SUPPLIED INFORMATION START

-- ===== src/Conductor/Clearance/Turn.antt =====
-- pkgs/host/agent/src/conductor.rs: an invariant through a whole turn.
use jan_klod.Common.{
  ℕ, zero, suc, ◌+◌, ◌≡◌, refl, String, Bool, true, false, List, [], ◌∷◌, Option, none, some,
  Result, ok, err,
}
use jan_klod.Turn.{Message, ToolCall, tool_invoked, Flow, continue, stop}
use jan_klod.Intercept.Types.{
  Phase, HookState, PendingRequest, Completion, Outcome, proceeded, blocked,
}
use jan_klod.Intercept.Passes.{Dispatches}
use jan_klod.Conductor.Effects.{M, Parts, Limits}
use jan_klod.Conductor.Tools.{ToolPass, effective_call, gated_invoke, run_tool_call, run_tool_calls}
use jan_klod.Conductor.Phases.{
  shape, shape_from, shaping_state, post_phase, post_phase_from, note_incomplete, cut_short,
  build_initial_request,
}
use jan_klod.Conductor.Turns.{
  Step, again, finish, give_up, RunResult, shape_then, shape_all, unless_capped, follow,
  handle_no_tool_calls, after_tool_calls, handle_tool_calls, handle_answer, send_text, after_text,
  after_completion, after_round, round, turn_loop, finish_turn, run_shaped, run_turn,
}
use jan_klod.Conductor.Rules.{pending, back, Ensures-some, >>=-Ensures}
use jan_klod.Conductor.Clearance.{Keeps, Kept, dispatch_keeps, complete_validated_keeps}

module _ {W : Type 0} {P : W → Type 0} {p : Parts W} (keeps : Keeps P p) where
  -- The two halves of the gate: the tool runs in the state that the announcement left.
  gated_invoke_keeps :
      (call : ToolCall) (pass : ToolPass) (gate : Outcome × HookState) (before w : W)
      → P w
      → Dispatches p.driver Phase.tool_call gate.0 gate.1 w p.interceptors
          (HookState.tool_call call)
          before
      → Kept keeps (gated_invoke p call pass gate w)
  unfolding gated_invoke
  gated_invoke_keeps call pass (blocked reason, s) before w h d =
      >>=-Ensures _ _ w (back (keeps.emitting _ w h)) λ flow w1 h1. back h1
  gated_invoke_keeps call pass (proceeded, s) before w h d =
      >>=-Ensures
        {Q = λ flow w1. P w1 × (w1 ≡ (p.sink.emit (tool_invoked (effective_call call s)) w).1)} _ _
        w (back (keeps.emitting _ w h, refl))
        λ flow w1 (h1, e).
          >>=-Ensures _ _ w1
            (back (
              keeps.invoking _ w1
                (record {
                  call = call;
                  state = s;
                  before = before;
                  after = w;
                  gate = d;
                  effective = refl;
                  announced = e;
                })
                h1))
            λ found w2 h2. back h2

  run_tool_call_keeps :
      (call : ToolCall) (pass : ToolPass) (request : PendingRequest) (w : W)
      → P w
      → Kept keeps (run_tool_call p call pass request w)
  unfolding run_tool_call
  run_tool_call_keeps call pass request w h =
      >>=-Ensures _ _ w (dispatch_keeps keeps _ _ w h) λ gate w1 (h1, d).
        >>=-Ensures _ _ w1 (gated_invoke_keeps call pass gate w w1 h1 d) λ invoked w2 h2.
          >>=-Ensures _ _ w2 (dispatch_keeps keeps _ _ w2 h2) λ after w3 (h3, _).
            >>=-Ensures _ _ w3 (back (keeps.emitting _ w3 h3)) λ flow w4 h4. back h4

  run_tool_calls_keeps :
      (calls : List ToolCall) (pass : ToolPass) (request : PendingRequest) (w : W)
      → P w
      → Kept keeps (run_tool_calls p calls pass request w)
  unfolding run_tool_calls
  run_tool_calls_keeps [] pass request w h = back h
  run_tool_calls_keeps (call ∷ calls) pass request w h =
      >>=-Ensures _ _ w (run_tool_call_keeps call pass request w h)
        λ r w1 h1. run_tool_calls_keeps calls r.0 r.1 w1 h1

  note_incomplete_keeps :
      (text note : String) (w : W) → P w → Kept keeps (note_incomplete p text note w)
  unfolding note_incomplete
  note_incomplete_keeps text note w h =
      >>=-Ensures _ _ w (back (keeps.emitting _ w h)) λ flow w1 h1. back h1

  post_phase_from_keeps :
      (phase : Phase) (text : String) (o : Option HookState) (w : W)
      → P w
      → Kept keeps (post_phase_from p phase text o w)
  unfolding post_phase_from
  post_phase_from_keeps phase text none w h = back h
  post_phase_from_keeps phase text (some s) w h =
      >>=-Ensures _ _ w (dispatch_keeps keeps phase s w h) λ r w1 (h1, _). back h1

  unless_capped_keeps :
      (limits : Limits) (text : String) (b : Bool) (more : M W Step) (w : W)
      → P w
      → Kept keeps (more w)
      → Kept keeps (unless_capped p limits text b more w)
  unfolding unless_capped cut_short
  unless_capped_keeps limits text true more w h k =
      >>=-Ensures _ _ w (note_incomplete_keeps text _ w h) λ cut w1 h1. back h1
  unless_capped_keeps limits text false more w h k = k

  follow_keeps :
      (limits : Limits) (text : String) (request : PendingRequest) (n : ℕ) (o : Option String)
      (w : W)
      → P w
      → Kept keeps (follow p limits text request n o w)
  unfolding follow
  follow_keeps limits text request n none w h = back h
  follow_keeps limits text request n (some message) w h =
      >>=-Ensures _ _ w (dispatch_keeps keeps _ _ w h)
        λ r w1 (h1, _). unless_capped_keeps limits text _ _ w1 h1 (back h1)

  after_tool_calls_keeps :
      (pass : ToolPass) (text : String) (request : PendingRequest) (n : ℕ) (w : W)
      → P w
      → Kept keeps (after_tool_calls p pass text request n w)
  unfolding after_tool_calls
  after_tool_calls_keeps ToolPass.continue text request n w h = back h
  after_tool_calls_keeps ToolPass.terminated text request n w h = back h
  after_tool_calls_keeps ToolPass.cancelled text request n w h =
      >>=-Ensures _ _ w (note_incomplete_keeps text _ w h) λ noted w1 h1. back h1

  handle_answer_keeps :
      (limits : Limits) (calls : List ToolCall) (text : String) (request : PendingRequest) (n : ℕ)
      (w : W)
      → P w
      → Kept keeps (handle_answer p limits calls text request n w)
  unfolding handle_answer handle_no_tool_calls handle_tool_calls
  handle_answer_keeps limits [] text request n w h =
      >>=-Ensures _ _ w (back (keeps.following w h))
        λ o w1 h1. follow_keeps limits text request n o w1 h1
  handle_answer_keeps limits (call ∷ calls) text request n w h =
      unless_capped_keeps limits text _ _ w h (
        >>=-Ensures _ _ w (run_tool_calls_keeps (call ∷ calls) _ request w h)
          λ r w1 h1. after_tool_calls_keeps r.0 text r.1 (n + 1) w1 h1)

  send_text_keeps : (b : Bool) (text : String) (w : W) → P w → Kept keeps (send_text p b text w)
  unfolding send_text
  send_text_keeps true text w h = back h
  send_text_keeps false text w h = back (keeps.emitting _ w h)

  after_text_keeps :
      (limits : Limits) (calls : List ToolCall) (text : String) (request : PendingRequest) (n : ℕ)
      (flow : Flow) (w : W)
      → P w
      → Kept keeps (after_text p limits calls text request n flow w)
  unfolding after_text
  after_text_keeps limits calls text request n stop w h =
      >>=-Ensures _ _ w (note_incomplete_keeps text _ w h) λ noted w1 h1. back h1
  after_text_keeps limits calls text request n continue w h =
      handle_answer_keeps limits calls text request n w h

  after_completion_keeps :
      (limits : Limits) (request : PendingRequest) (n : ℕ) (r : Result Completion String) (w : W)
      → P w
      → Kept keeps (after_completion p limits request n r w)
  unfolding after_completion post_phase
  after_completion_keeps limits request n (err reason) w h =
      >>=-Ensures _ _ w (back (keeps.emitting _ w h)) λ flow w1 h1. back h1
  after_completion_keeps limits request n (ok completion) w h =
      >>=-Ensures _ _ w (post_phase_from_keeps Phase.after_response completion.text _ w h)
        λ text w1 h1.
          >>=-Ensures _ _ w1 (send_text_keeps _ text w1 h1)
            λ flow w2 h2. after_text_keeps limits completion.tool_calls text _ n flow w2 h2

  round_keeps :
      (limits : Limits) (request : PendingRequest) (n : ℕ) (w : W)
      → P w
      → Kept keeps (round p limits request n w)
  unfolding round
  round_keeps limits request n w h =
      >>=-Ensures _ _ w (back (complete_validated_keeps keeps request w h))
        λ r w1 h1. after_completion_keeps limits request n r w1 h1

  after_round_keeps :
      (next : PendingRequest → ℕ → M W (Result String String)) (step : Step) (w : W)
      → ((r : PendingRequest) (m : ℕ) → Kept keeps (next r m w))
      → P w
      → Kept keeps (after_round p next step w)
  unfolding after_round
  after_round_keeps next (again r m) w k h = k r m
  after_round_keeps next (finish text) w k h = back h
  after_round_keeps next (give_up reason) w k h = back h

  turn_loop_keeps :
      (fuel : ℕ) (limits : Limits) (request : PendingRequest) (n : ℕ) (w : W)
      → P w
      → Kept keeps (turn_loop p fuel limits request n w)
  unfolding turn_loop
  turn_loop_keeps zero limits request n w h = pending
  turn_loop_keeps (suc fuel) limits request n w h =
      >>=-Ensures _ _ w (round_keeps limits request n w h) λ step w1 h1.
        after_round_keeps (turn_loop p fuel limits) step w1
          (λ r m. turn_loop_keeps fuel limits r m w1 h1) h1

  shape_from_keeps :
      (phase : Phase) (o : Option HookState) (w : W) → P w → Kept keeps (shape_from p phase o w)
  unfolding shape_from
  shape_from_keeps phase none w h = back h
  shape_from_keeps phase (some s) w h =
      >>=-Ensures _ _ w (dispatch_keeps keeps phase s w h) λ r w1 (h1, _). back h1

  shape_then_keeps :
      (next : PendingRequest → M W (Result PendingRequest String))
      (r : Result PendingRequest String) (w : W)
      → ((request : PendingRequest) → Kept keeps (next request w))
      → P w
      → Kept keeps (shape_then p next r w)
  unfolding shape_then
  shape_then_keeps next (ok request) w k h = k request
  shape_then_keeps next (err reason) w k h = back h

  shape_all_keeps :
      (phases : List Phase) (request : PendingRequest) (w : W)
      → P w
      → Kept keeps (shape_all p phases request w)
  unfolding shape_all shape
  shape_all_keeps [] request w h = back h
  shape_all_keeps (phase ∷ phases) request w h =
      >>=-Ensures _ _ w (shape_from_keeps phase (shaping_state phase request) w h) λ r w1 h1.
        shape_then_keeps (shape_all p phases) r w1
          (λ request1. shape_all_keeps phases request1 w1 h1) h1

  finish_turn_keeps :
      (agentic : Bool) (r : Result String String) (w : W)
      → P w
      → Kept keeps (finish_turn p agentic r w)
  unfolding finish_turn post_phase
  finish_turn_keeps agentic (err reason) w h = back h
  finish_turn_keeps agentic (ok text) w h =
      >>=-Ensures _ _ w (post_phase_from_keeps Phase.finalize text _ w h)
        λ t w1 h1. >>=-Ensures _ _ w1 (back (keeps.emitting _ w1 h1)) λ flow w2 h2. back h2

  run_shaped_keeps :
      (fuel : ℕ) (limits : Limits) (agentic : Bool) (r : Result PendingRequest String) (w : W)
      → P w
      → Kept keeps (run_shaped p fuel limits agentic r w)
  unfolding run_shaped
  run_shaped_keeps fuel limits agentic (err reason) w h = back h
  run_shaped_keeps fuel limits agentic (ok request) w h =
      >>=-Ensures _ _ w (turn_loop_keeps fuel limits request 0 w h)
        λ r w1 h1. finish_turn_keeps agentic r w1 h1

  run_turn_keeps :
      (fuel : ℕ) (limits : Limits) (session message : String) (history : List Message)
      (principal : Option String) (log : String → W → W) (w : W)
      → ((text : String) (u : W) → P u → P (log text u))
      → P w
      → Kept keeps (run_turn p fuel limits session message history principal log w)
  unfolding run_turn build_initial_request
  run_turn_keeps fuel limits session message history principal log w k h =
      >>=-Ensures _ _ w (back (keeps.binding session w h)) λ u w1 h1.
        >>=-Ensures _ _ w1
          (>>=-Ensures _ _ w1 (dispatch_keeps keeps _ _ w1 h1)
            λ r w2 (h2, _). >>=-Ensures _ _ w2 (back (k _ w2 h2)) λ v w3 h3. back h3)
          λ b w3 h3.
            >>=-Ensures _ _ w3 (shape_all_keeps _ _ w3 h3)
              λ r w4 h4. run_shaped_keeps fuel limits b.0 r w4 h4

-- A tool runs only on a call that its gate has just cleared. Let `P` be kept by the interceptors,
-- the providers, the driver, the client's sink, the binding of the session and the logging of the
-- user's message, and by a tool where `IsCleared` holds of its call and of the state that it runs
-- in. Then a turn that comes back keeps `P`.
pub run_turn-IsCleared :
    {W : Type 0} (P : W → Type 0) (p : Parts W) (fuel : ℕ) (limits : Limits)
    (session message : String) (history : List Message) (principal : Option String)
    (log : String → W → W) (w : W) (r : RunResult) (w' : W)
    → Keeps P p
    → ((text : String) (u : W) → P u → P (log text u))
    → P w
    → run_turn p fuel limits session message history principal log w ≡ some (r, w')
    → P w'
run_turn-IsCleared P p fuel limits session message history principal log w r w' keeps k h e =
    Ensures-some _ e (run_turn_keeps keeps fuel limits session message history principal log w k h)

SUPPLIED INFORMATION END

» ACTION ITEM
All lines above from the one containing "post_phase_from_keeps phase text (some" to the one containing "λ r w1 h1. after_tool_calls_keeps" must be repeated exactly, both lines included, and no others.

» EXERCISE OUTPUT
  post_phase_from_keeps phase text (some s) w h =
      >>=-Ensures _ _ w (dispatch_keeps keeps phase s w h) λ r w1 (h1, _). back h1

  unless_capped_keeps :
      (limits : Limits) (text : String) (b : Bool) (more : M W Step) (w : W)
      → P w
      → Kept keeps (more w)
      → Kept keeps (unless_capped p limits text b more w)
  unfolding unless_capped cut_short
  unless_capped_keeps limits text true more w h k =
      >>=-Ensures _ _ w (note_incomplete_keeps text _ w h) λ cut w1 h1. back h1
  unless_capped_keeps limits text false more w h k = k

  follow_keeps :
      (limits : Limits) (text : String) (request : PendingRequest) (n : ℕ) (o : Option String)
      (w : W)
      → P w
      → Kept keeps (follow p limits text request n o w)
  unfolding follow
  follow_keeps limits text request n none w h = back h
  follow_keeps limits text request n (some message) w h =
      >>=-Ensures _ _ w (dispatch_keeps keeps _ _ w h)
        λ r w1 (h1, _). unless_capped_keeps limits text _ _ w1 h1 (back h1)

  after_tool_calls_keeps :
      (pass : ToolPass) (text : String) (request : PendingRequest) (n : ℕ) (w : W)
      → P w
      → Kept keeps (after_tool_calls p pass text request n w)
  unfolding after_tool_calls
  after_tool_calls_keeps ToolPass.continue text request n w h = back h
  after_tool_calls_keeps ToolPass.terminated text request n w h = back h
  after_tool_calls_keeps ToolPass.cancelled text request n w h =
      >>=-Ensures _ _ w (note_incomplete_keeps text _ w h) λ noted w1 h1. back h1

  handle_answer_keeps :
      (limits : Limits) (calls : List ToolCall) (text : String) (request : PendingRequest) (n : ℕ)
      (w : W)
      → P w
      → Kept keeps (handle_answer p limits calls text request n w)
  unfolding handle_answer handle_no_tool_calls handle_tool_calls
  handle_answer_keeps limits [] text request n w h =
      >>=-Ensures _ _ w (back (keeps.following w h))
        λ o w1 h1. follow_keeps limits text request n o w1 h1
  handle_answer_keeps limits (call ∷ calls) text request n w h =
      unless_capped_keeps limits text _ _ w h (
        >>=-Ensures _ _ w (run_tool_calls_keeps (call ∷ calls) _ request w h)
          λ r w1 h1. after_tool_calls_keeps r.0 text r.1 (n + 1) w1 h1)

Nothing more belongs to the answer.